(Beginning of Extracted entries)

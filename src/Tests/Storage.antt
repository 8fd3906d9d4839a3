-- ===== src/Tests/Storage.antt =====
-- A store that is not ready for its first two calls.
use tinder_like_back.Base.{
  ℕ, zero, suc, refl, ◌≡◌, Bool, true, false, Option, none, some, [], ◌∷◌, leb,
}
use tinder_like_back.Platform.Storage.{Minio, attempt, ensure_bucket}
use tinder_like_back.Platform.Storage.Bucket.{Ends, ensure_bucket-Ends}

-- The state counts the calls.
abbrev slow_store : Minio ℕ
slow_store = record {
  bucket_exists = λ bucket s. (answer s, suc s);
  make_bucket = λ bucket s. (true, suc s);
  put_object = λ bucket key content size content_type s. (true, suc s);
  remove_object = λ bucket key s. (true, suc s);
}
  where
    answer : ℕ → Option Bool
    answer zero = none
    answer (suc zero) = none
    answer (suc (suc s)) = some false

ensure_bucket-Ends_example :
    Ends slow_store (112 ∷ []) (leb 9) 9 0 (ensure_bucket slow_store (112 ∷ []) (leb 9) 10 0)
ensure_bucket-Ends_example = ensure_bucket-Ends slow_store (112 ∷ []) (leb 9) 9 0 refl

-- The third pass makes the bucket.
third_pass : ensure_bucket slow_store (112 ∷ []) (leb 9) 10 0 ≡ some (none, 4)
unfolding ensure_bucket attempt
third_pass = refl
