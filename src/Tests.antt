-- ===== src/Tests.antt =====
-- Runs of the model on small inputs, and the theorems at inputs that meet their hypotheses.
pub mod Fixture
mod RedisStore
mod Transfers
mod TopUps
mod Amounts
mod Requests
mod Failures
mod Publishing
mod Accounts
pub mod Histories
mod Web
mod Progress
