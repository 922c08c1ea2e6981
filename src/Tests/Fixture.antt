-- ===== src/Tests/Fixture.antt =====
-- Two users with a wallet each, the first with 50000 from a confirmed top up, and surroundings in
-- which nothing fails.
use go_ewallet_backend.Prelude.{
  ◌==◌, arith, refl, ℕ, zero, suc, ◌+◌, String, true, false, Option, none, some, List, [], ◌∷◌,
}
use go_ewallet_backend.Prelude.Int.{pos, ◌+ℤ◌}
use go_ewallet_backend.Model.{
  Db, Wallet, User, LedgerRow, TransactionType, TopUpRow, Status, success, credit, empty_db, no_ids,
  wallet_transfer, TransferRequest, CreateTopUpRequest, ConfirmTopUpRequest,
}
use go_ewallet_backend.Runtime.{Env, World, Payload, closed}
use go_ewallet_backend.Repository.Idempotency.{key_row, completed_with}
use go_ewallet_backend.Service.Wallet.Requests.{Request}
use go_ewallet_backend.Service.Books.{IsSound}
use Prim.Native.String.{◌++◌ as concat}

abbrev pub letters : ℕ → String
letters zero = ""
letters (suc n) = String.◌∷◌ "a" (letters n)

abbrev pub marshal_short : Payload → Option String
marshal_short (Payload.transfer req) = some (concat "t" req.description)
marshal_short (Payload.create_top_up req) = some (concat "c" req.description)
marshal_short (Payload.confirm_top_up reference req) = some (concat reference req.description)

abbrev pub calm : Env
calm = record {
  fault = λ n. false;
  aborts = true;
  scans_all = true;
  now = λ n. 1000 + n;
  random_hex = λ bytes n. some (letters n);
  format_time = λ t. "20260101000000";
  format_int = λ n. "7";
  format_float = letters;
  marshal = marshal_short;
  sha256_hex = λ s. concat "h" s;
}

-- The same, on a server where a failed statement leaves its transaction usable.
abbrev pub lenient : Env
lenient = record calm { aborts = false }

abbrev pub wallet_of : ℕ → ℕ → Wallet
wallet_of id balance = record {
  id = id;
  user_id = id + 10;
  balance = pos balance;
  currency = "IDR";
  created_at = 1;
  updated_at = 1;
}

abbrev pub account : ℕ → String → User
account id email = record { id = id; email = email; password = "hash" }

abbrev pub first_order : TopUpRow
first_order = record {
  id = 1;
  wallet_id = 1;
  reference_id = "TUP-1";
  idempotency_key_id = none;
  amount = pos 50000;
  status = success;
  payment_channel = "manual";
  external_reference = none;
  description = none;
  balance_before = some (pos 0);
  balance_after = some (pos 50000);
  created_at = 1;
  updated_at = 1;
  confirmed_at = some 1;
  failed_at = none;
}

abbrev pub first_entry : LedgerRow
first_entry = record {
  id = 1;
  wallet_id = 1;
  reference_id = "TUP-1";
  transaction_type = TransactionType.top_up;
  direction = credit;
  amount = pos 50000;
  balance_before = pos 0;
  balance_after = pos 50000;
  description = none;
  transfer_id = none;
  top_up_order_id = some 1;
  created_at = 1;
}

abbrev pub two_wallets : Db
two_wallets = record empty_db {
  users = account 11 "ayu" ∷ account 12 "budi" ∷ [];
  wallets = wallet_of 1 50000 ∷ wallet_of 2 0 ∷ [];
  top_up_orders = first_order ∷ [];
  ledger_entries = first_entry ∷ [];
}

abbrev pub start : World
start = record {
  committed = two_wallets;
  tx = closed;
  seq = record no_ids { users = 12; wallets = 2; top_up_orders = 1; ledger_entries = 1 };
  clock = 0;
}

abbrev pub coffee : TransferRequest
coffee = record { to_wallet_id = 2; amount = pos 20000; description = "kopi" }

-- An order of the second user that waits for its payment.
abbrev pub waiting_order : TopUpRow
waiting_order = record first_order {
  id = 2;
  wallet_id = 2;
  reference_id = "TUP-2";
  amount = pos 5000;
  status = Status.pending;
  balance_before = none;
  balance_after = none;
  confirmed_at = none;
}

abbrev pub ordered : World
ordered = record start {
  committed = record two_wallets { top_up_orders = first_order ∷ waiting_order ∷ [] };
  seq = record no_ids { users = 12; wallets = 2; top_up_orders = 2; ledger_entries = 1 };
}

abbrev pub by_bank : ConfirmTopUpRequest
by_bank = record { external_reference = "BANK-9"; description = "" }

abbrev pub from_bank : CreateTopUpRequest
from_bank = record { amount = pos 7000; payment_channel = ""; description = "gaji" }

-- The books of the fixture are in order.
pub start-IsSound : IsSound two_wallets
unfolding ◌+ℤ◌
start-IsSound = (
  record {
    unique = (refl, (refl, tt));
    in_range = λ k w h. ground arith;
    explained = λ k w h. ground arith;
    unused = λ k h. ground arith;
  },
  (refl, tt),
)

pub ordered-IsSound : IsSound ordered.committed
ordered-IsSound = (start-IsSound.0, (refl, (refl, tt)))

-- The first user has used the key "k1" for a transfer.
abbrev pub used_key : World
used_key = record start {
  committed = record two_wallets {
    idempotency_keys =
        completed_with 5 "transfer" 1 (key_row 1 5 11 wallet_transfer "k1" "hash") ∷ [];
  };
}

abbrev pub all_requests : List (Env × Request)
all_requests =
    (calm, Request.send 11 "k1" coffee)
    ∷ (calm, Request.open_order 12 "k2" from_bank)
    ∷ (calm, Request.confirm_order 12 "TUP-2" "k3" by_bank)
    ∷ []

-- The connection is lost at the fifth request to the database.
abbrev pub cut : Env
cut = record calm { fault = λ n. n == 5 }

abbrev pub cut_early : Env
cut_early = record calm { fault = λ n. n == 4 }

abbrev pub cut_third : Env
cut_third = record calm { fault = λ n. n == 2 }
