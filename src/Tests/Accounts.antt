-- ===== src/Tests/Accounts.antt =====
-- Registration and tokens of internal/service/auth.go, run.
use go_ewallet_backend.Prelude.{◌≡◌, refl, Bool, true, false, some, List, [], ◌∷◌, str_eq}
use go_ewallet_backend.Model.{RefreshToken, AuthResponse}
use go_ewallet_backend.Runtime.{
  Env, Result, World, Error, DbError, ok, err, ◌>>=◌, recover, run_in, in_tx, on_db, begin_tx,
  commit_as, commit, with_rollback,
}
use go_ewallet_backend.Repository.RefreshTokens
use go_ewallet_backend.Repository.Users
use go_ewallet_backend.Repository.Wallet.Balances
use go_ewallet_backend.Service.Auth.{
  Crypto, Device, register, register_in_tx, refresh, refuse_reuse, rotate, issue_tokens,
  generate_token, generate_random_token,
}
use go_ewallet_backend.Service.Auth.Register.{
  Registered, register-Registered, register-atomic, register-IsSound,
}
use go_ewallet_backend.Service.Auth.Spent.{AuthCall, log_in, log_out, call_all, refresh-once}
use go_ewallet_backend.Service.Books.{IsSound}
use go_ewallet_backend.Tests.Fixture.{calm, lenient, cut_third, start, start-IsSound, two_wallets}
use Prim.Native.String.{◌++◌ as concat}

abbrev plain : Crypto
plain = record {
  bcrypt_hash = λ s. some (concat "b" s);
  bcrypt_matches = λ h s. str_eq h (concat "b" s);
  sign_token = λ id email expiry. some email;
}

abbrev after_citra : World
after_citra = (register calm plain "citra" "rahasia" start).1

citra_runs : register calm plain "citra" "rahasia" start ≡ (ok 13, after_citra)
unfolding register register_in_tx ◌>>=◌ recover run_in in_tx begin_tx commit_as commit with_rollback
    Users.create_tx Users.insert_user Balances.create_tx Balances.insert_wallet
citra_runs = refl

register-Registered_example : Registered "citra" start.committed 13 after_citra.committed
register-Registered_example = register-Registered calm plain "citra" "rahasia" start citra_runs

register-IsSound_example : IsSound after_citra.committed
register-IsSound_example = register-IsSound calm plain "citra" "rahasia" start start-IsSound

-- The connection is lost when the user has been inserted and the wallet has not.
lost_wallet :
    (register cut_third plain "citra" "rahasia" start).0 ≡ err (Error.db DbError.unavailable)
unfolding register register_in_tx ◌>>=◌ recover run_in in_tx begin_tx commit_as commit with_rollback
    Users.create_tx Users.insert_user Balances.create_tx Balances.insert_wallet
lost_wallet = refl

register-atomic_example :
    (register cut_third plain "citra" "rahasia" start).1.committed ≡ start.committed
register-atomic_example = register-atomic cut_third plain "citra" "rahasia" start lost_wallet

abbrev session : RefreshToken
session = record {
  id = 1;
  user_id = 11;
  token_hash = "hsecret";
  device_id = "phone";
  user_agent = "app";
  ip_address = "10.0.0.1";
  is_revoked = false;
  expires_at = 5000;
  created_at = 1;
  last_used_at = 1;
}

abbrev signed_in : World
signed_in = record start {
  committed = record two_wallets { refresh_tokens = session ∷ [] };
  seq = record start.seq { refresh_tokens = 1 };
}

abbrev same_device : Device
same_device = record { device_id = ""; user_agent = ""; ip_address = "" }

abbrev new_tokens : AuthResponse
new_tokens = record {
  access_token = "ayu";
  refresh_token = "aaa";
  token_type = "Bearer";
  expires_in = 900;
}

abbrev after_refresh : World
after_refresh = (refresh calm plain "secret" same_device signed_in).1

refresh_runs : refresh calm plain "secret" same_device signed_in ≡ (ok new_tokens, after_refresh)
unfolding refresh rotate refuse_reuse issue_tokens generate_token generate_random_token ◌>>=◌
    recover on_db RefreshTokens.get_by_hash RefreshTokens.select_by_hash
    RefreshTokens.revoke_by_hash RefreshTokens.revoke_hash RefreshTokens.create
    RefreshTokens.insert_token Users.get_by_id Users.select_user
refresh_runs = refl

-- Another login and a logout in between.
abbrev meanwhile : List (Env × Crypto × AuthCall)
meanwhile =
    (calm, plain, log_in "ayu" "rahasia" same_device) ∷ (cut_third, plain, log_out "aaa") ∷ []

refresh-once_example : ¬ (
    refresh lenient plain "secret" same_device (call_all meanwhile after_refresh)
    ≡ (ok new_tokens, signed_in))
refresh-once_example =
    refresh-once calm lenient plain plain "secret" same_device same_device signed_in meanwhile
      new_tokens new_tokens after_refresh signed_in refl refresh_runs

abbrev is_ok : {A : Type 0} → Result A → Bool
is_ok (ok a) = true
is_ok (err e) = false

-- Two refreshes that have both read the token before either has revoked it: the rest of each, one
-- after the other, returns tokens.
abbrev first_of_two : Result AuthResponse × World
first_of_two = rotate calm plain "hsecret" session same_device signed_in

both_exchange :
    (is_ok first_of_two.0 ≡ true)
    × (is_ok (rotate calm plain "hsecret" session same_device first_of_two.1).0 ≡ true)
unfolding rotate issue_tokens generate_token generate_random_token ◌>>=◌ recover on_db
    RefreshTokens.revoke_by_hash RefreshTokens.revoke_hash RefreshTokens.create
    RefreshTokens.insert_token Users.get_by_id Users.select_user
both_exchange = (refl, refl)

(End of Extracted entries)

— What this task involves —
Look through the lines above for "Storage". Say how many have it, and give no other words.

— Result —
4